Для выполнения задания получил файл chipseq_chunk46.fastq, содержащий риды Illumina одного из участков хромосомы человека. К сожалению, риды в нем были очень плохого качества, поэтому для работы я
взял резервный файл chipseq_chunk7.fastq. Сначала провёл
контроль качества ридов с помощью команды fastqc chipseq_chunk7.fastq. Результат выполнения команды - zip-архив - содержал файл fastqc_report.html,
в котором содержался отчёт о проделанной программой работе. Всего ридов 6543. Kачество чтения очень высокое на всём протяжении последовательности (видно на графике Per base sequence quality), поэтому
программа Trimmomatic для очистки чтений от участков плохого качества не применялась.
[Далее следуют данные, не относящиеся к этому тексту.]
-- ===== src/Lib.antt =====
-- Verification library of msxnet (sw/spyvspy), the server program for MSX classroom networks. The
-- program talks to workstations over one serial line. It speaks two protocols: packets, by which a
-- teacher's machine pings workstations and sends them commands and files, and the Spy protocol, by which
-- a workstation asks the server for disk services, one request and one response at a time.
--
-- The parts, from the line upwards, and the files that model them:
--   Wire (with Cmd, Escape, Block): sw/spyvspy/commands.h, and in sw/spyvspy/sendpacket.cpp the escape
--     code and the checksummed blocks. A method that writes is the list of bytes that it writes.
--   Serial (with Wait): sw/spyvspy/serial.cpp and serial.h. The port is what was sent so far and a list
--     of what each select reports; waitRx is a loop over a handler on the listener's state. Serial/Setup has
--     the constructor and Setup, with the settings that it makes.
--   Packet, Sender: sw/spyvspy/sendpacket.h and sendpacket.cpp. SendPacket, the receive handler with its
--     buffer of 1024 bytes, CheckPacket and GetRxData.
--   Util: Util::dosname of sw/spyvspy/util.cpp, by its parts; Util/Shape describes its result.
--   Fcb, Dirent: the structures FCB and DIRENT of sw/spyvspy/spydata.h, as records and as memory.
--   Globor: the directory search of sw/spyvspy/dosglob.h.
--   Request: SpyRequest of sw/spyvspy/spy.h; Request/Table has the codes of spydata.h and the patterns of
--     ReceiveRequest in sw/spyvspy/spy.cpp; Request/Message is the workstation's side of a request.
--   Response: SpyResponse of sw/spyvspy/spy.h, with SendByte, SendWord and SendChunk of spy.cpp.
--   Disk: the use that is made of the C library's files. The served directory is a function from names to
--     bytes; which names may be used, what a directory lists and the time of a file are parameters.
--     Disk/Names and Disk/Places have the lemmas on files by name and on bytes by place.
--   Bdos: NetBDOS of sw/spyvspy/spybdos.h. State has its fields and private helpers; Read, Write, Find and
--     Drive have the handlers; Exec is ExecFunc. Each takes the request and the world, and gives the
--     response and the next world. Bdos/Position to Bdos/Spares have the theorems about
--     them. Bdos/Suite is the test suite of the class.
--   Transport: SpyTransport of sw/spyvspy/spy.cpp; Serve: the loop of Spy::Serve there. Serve/Session is the
--     account of that loop, which knows nothing of the transport, its buffer and the pieces of data.
--   Ncopy: sw/spyvspy/ncopy.cpp.
--   BasicSend (with Files): sw/spyvspy/basicsend.h and basicsend.cpp.
--     BasicSend/Exchange is the line to a workstation that answers each packet.
--   Bootstrap: initData and the three phases of Bootstrap in sw/spyvspy/spy.cpp; Bootstrap/Remote is the
--     receive loop of sw/spyvspy/spy_bootstrap.asm, at the other end of the line.
--   Spy: the class Spy of sw/spyvspy/spy.h from its constructor on, with Bootstrap and Serve behind Setup.
--   Msxnet: main of sw/spyvspy/msxnet.cpp; Msxnet/Commands has the commands that open a port of their own,
--     and the constructor of BasicSender in sw/spyvspy/basicsend.h. Diags: sw/spyvspy/diags.c.
--   Tests: runs on concrete values.
-- A request is received by consume, passed to exec_func, and its response is sent by emit; serve_round calls
-- the three.
--
-- How effects are told. A run (Prelude/Outcome) is done with a value, exited where the program ends
-- itself, or fault where C++ leaves the behaviour undefined: a null or unset pointer that is followed, an
-- unset value that is sent, an int that overflows, an array that is left; or it is running still, where a
-- loop without an end of its own has used up its fuel. A handler's `->` updates on a shared object are
-- explicit records passed on. Integers of w bits are cut by u8, u16 and u32 where the C types cut them.
--
-- Loops. consume has a round for each token of the pattern, and one more; SendPacket's loop over master
-- data has a round more than there are bytes; the clients in Globor/Search and Bdos/Scan, and
-- the last test of Bdos/Suite, have the fuel that their theorems name. Running out of fuel is a value of its own, none, a fault or running.
-- The wait for the data of a request and pingPong may go on for ever: they have fuel as an argument, and
-- their theorems say how much of it is enough. Serve has no end, and is given by the number of its rounds.
--
-- What is taken of the C library and the host: a name ends at its first NUL; fopen and stat answer a null
-- name with an error, as the GNU library does; a file that can be opened can be removed and renamed, and no
-- other; fread stores what there is of an item that the file does not hold whole. CheckPacket and the message
-- behind it may look at places of the buffer that have not been filled, which is defined; their model is a
-- fault only behind the buffer's end. A number of a request that had no place among the eight would be lost in
-- the model, where C++ writes behind them; Request/Sound has the reason why there is none.
--
-- Not modelled: getopt and atoi, whose answers are parameters, with argv behind the option found, as what open
-- and tcflush do is; printing, but
-- for dump and dumpline (diags.c), the help text, and what the test suite of NetBDOS shows; the Z80 side but
-- for that receive loop, and the pauses between bytes. DPB of sw/spyvspy/spydata.h and zeroFCBFields of
-- spybdos.h are left out, since nothing uses them; destructors only free memory.
-- Failures of fread, fwrite, fseek, read and write on an open file or device are not modelled either.
pub mod Prelude
pub mod Wire
pub mod Serial
pub mod Transport
pub mod Serve
pub mod Spy
pub mod Bootstrap
pub mod BasicSend
pub mod Diags
pub mod Msxnet
pub mod Ncopy
pub mod Util
pub mod Fcb
pub mod Dirent
pub mod Globor
pub mod Request
pub mod Response
pub mod Disk
pub mod Bdos
pub mod Packet
pub mod Sender
pub mod Tests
Риды были картированы на проиндексированный геном человека:
bwa mem /srv/databases/ngs/hg19/GRCh37.p13.genome.fa chipseq_chunk7.fastq > chipseq_chunk7.sam
Полученное выравнивание было проанализировано:
- Выравнивание переведено в бинарный формат:
samtools view -b chipseq_chunk7.sam -o aln.bam
- Отсортировано по координате в референсе начала чтения:
samtools sort aln.bam out.predix.bam
- Полученный файл проиндексирован:
samtools index out.predix.bam
- Получены данные о количестве откартированных ридов (см. рис. 2):
samtools idxstats out.predix.bam
Рис.2. Число картированных ридов выделено ярко-зеленым, некартированных - красным.
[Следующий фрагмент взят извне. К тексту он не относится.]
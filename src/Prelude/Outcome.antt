-- ===== src/Prelude/Outcome.antt =====
-- The outcome of running C code: a result, a call of `exit`, undefined behaviour, or none yet.
use mathlib.Core.Path.{◌≡◌, refl}

pub data Run {ℓ} (A : Type ℓ) : Type ℓ where
  done : A → Run A
  -- `eggog` prints a message and calls `exit(1)`.
  exited : Run A
  -- Undefined behaviour: a null or uninitialised pointer is used.
  fault : Run A
  -- A loop has used up its fuel.
  running : Run A

infixl 5 ◌>>=◌
abbrev pub ◌>>=◌ {ℓ κ} : {A : Type ℓ} {B : Type κ} → Run A → (A → Run B) → Run B
done a >>= f = f a
exited >>= f = exited
fault >>= f = fault
running >>= f = running

-- Inversion of a successful step.
pub >>=-eq-done {ℓ κ} :
    {A : Type ℓ} {B : Type κ} (m : Run A) (f : A → Run B) {b : B}
    → (m >>= f) ≡ done b
    → (a : A) × (m ≡ done a) × (f a ≡ done b)
>>=-eq-done (done a) f h = (a, refl, h)
>>=-eq-done exited f h = cc
>>=-eq-done fault f h = cc
>>=-eq-done running f h = cc

-- Every result that there is has the property.
abbrev pub Every {ℓ κ} : {A : Type ℓ} → (A → Type κ) → Run A → Type κ
Every P (done a) = P a
Every P exited = Unit
Every P fault = Unit
Every P running = Unit

pub >>=-Every {ℓ κ ι} :
    {A : Type ℓ} {B : Type κ} (P : B → Type ι) (m : Run A) (f : A → Run B)
    → ((a : A) → Every P (f a))
    → Every P (m >>= f)
>>=-Every P (done a) f h = h a
>>=-Every P exited f h = tt
>>=-Every P fault f h = tt
>>=-Every P running f h = tt

-- What follows a step matters only at its results.
pub >>=-ext {ℓ κ ι} :
    {A : Type ℓ} {B : Type κ} (P : A → Type ι) (m : Run A) (f g : A → Run B)
    → Every P m
    → ((a : A) → P a → f a ≡ g a)
    → (m >>= f) ≡ (m >>= g)
>>=-ext P (done a) f g e h = h a e
>>=-ext P exited f g e h = refl
>>=-ext P fault f g e h = refl
>>=-ext P running f g e h = refl

-- A property of the results of a step, used in what follows.
pub Every->>= {ℓ κ ι υ} :
    {A : Type ℓ} {B : Type κ} (P : A → Type ι) (Q : B → Type υ) (m : Run A) (f : A → Run B)
    → Every P m
    → ((a : A) → P a → Every Q (f a))
    → Every Q (m >>= f)
Every->>= P Q (done a) f e h = h a e
Every->>= P Q exited f e h = tt
Every->>= P Q fault f e h = tt
Every->>= P Q running f e h = tt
На хромосому картировались все риды без исключения, при этом на митохондриальную хромосому не картировалось ни одного рида; большинство ридов было картировано на первую хромосому. Следовательно, именно с
неё и были почитаны риды. Программа MACS была запущена со следующими параметрами:
macs2 callpeak -n chunk7 -t out.predix.bam --nomodel
На выход программа дала три файла:
Всего программа нашла 9 пиков. Они были визуализированы в UCSC Genome Browser при помощи файла chunk7_peaks.narrowPeak. Для этого в него были добавлены следующие
строки:
track type=narrowPeak visibility=3 db=hg19 name="my_peaks" description="Peaks from chunk 7"
browser position chr1:59248597-59960068
Файл был подан на вход форме custom tracks в UCSC Genome Browser. Скриншот - на рис.3.:
Рис.3. 10 пиков, открытые в Genome Browser.
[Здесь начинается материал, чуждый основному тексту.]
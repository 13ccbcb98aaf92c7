-- ===== src/Prelude/Bits.antt =====
-- The masks and joins of bits that the program uses, as arithmetic: tables checked by evaluation.
use Prim.Native.Nat.{ℕ, zero, suc, ◌+◌, ◌*◌, ◌/◌, ◌%◌, ◌^◌, ◌<◌, bit_and, bit_or}
use mathlib.Core.Path.{◌≡◌, refl, ◌∙◌, ap₂}
use mathlib.Core.Bool.{Bool, true, false}
use mathlib.Core.Logic.{ite}
use native.Mathlib.Decide.{ℕ_discrete}
use native.Mathlib.Omega.{arith}

module _ (f g : ℕ → ℕ) where
  unfoldable pub agree_below : ℕ → Bool
  unfolding ℕ_discrete
  agree_below zero = true
  agree_below (suc n) = ite (ℕ_discrete (f n) (g n)) (agree_below n) false

  pub agree_below→eq : (n : ℕ) → agree_below n ≡ true → (i : ℕ) → i < n → f i ≡ g i
  unfolding agree_below
  agree_below→eq zero e i h = absurd (omega arith)
  agree_below→eq (suc n) e i h = ground (arith, agree_below→eq n (ground arith) i)

pub top_bit : (b : ℕ) → b < 256 → bit_and b 128 / 2 ^ 7 ≡ b / 128
unfolding agree_below
top_bit = agree_below→eq _ _ 256 refl

pub low_bits : (b : ℕ) → b < 256 → bit_and b 127 ≡ b % 128
unfolding agree_below
low_bits = agree_below→eq _ _ 256 refl

pub low_byte : (w : ℕ) → w < 2 ^ 16 → bit_and w 255 ≡ w % 256
unfolding agree_below
low_byte = agree_below→eq _ _ (2 ^ 16) refl

-- `hi << 8 | lo` for two bytes.
pub or_bytes : (hi lo : ℕ) → hi < 256 → lo < 256 → bit_or (hi * 2 ^ 8) lo ≡ hi * 256 + lo
unfolding agree_below
or_bytes hi lo h l =
    let hi_of : hi * 2 ^ 8 ≡ (hi * 256 + lo) / 256 * 2 ^ 8 = omega arith in
    let lo_of : lo ≡ (hi * 256 + lo) % 256 = omega arith in
    ap₂ bit_or hi_of lo_of
    ∙ agree_below→eq (λ n. bit_or (n / 256 * 2 ^ 8) (n % 256)) (λ n. n) (2 ^ 16) refl
        (hi * 256 + lo) (omega arith)

-- `lo | hi << 8`, the other way round.
pub or_bytes_low : (hi lo : ℕ) → hi < 256 → lo < 256 → bit_or lo (hi * 2 ^ 8) ≡ hi * 256 + lo
unfolding agree_below
or_bytes_low hi lo h l =
    let hi_of : hi * 2 ^ 8 ≡ (hi * 256 + lo) / 256 * 2 ^ 8 = omega arith in
    let lo_of : lo ≡ (hi * 256 + lo) % 256 = omega arith in
    ap₂ bit_or lo_of hi_of
    ∙ agree_below→eq (λ n. bit_or (n % 256) (n / 256 * 2 ^ 8)) (λ n. n) (2 ^ 16) refl
        (hi * 256 + lo) (omega arith)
Рассмотрим подробнее пики 1 и 2:
Пик | 1 | 2 |
Длина пика | 478 | 200 |
-LOG10(pvalue) | 53.41487 | 12.63990 |
Вершина пика относительно начала | 168 от начала пика | 120 от начала пика |
Положение в геноме | Пересекают экзон гена LINC01135, принадлежащий длинной некодирующей РНК 1135. |
Чем больше величина -LOG10(pvalue), тем меньше числовое значение pvalue и, следовательно, тем достовернее пик. Cледовательно, первый пик является самым достоверным из всех.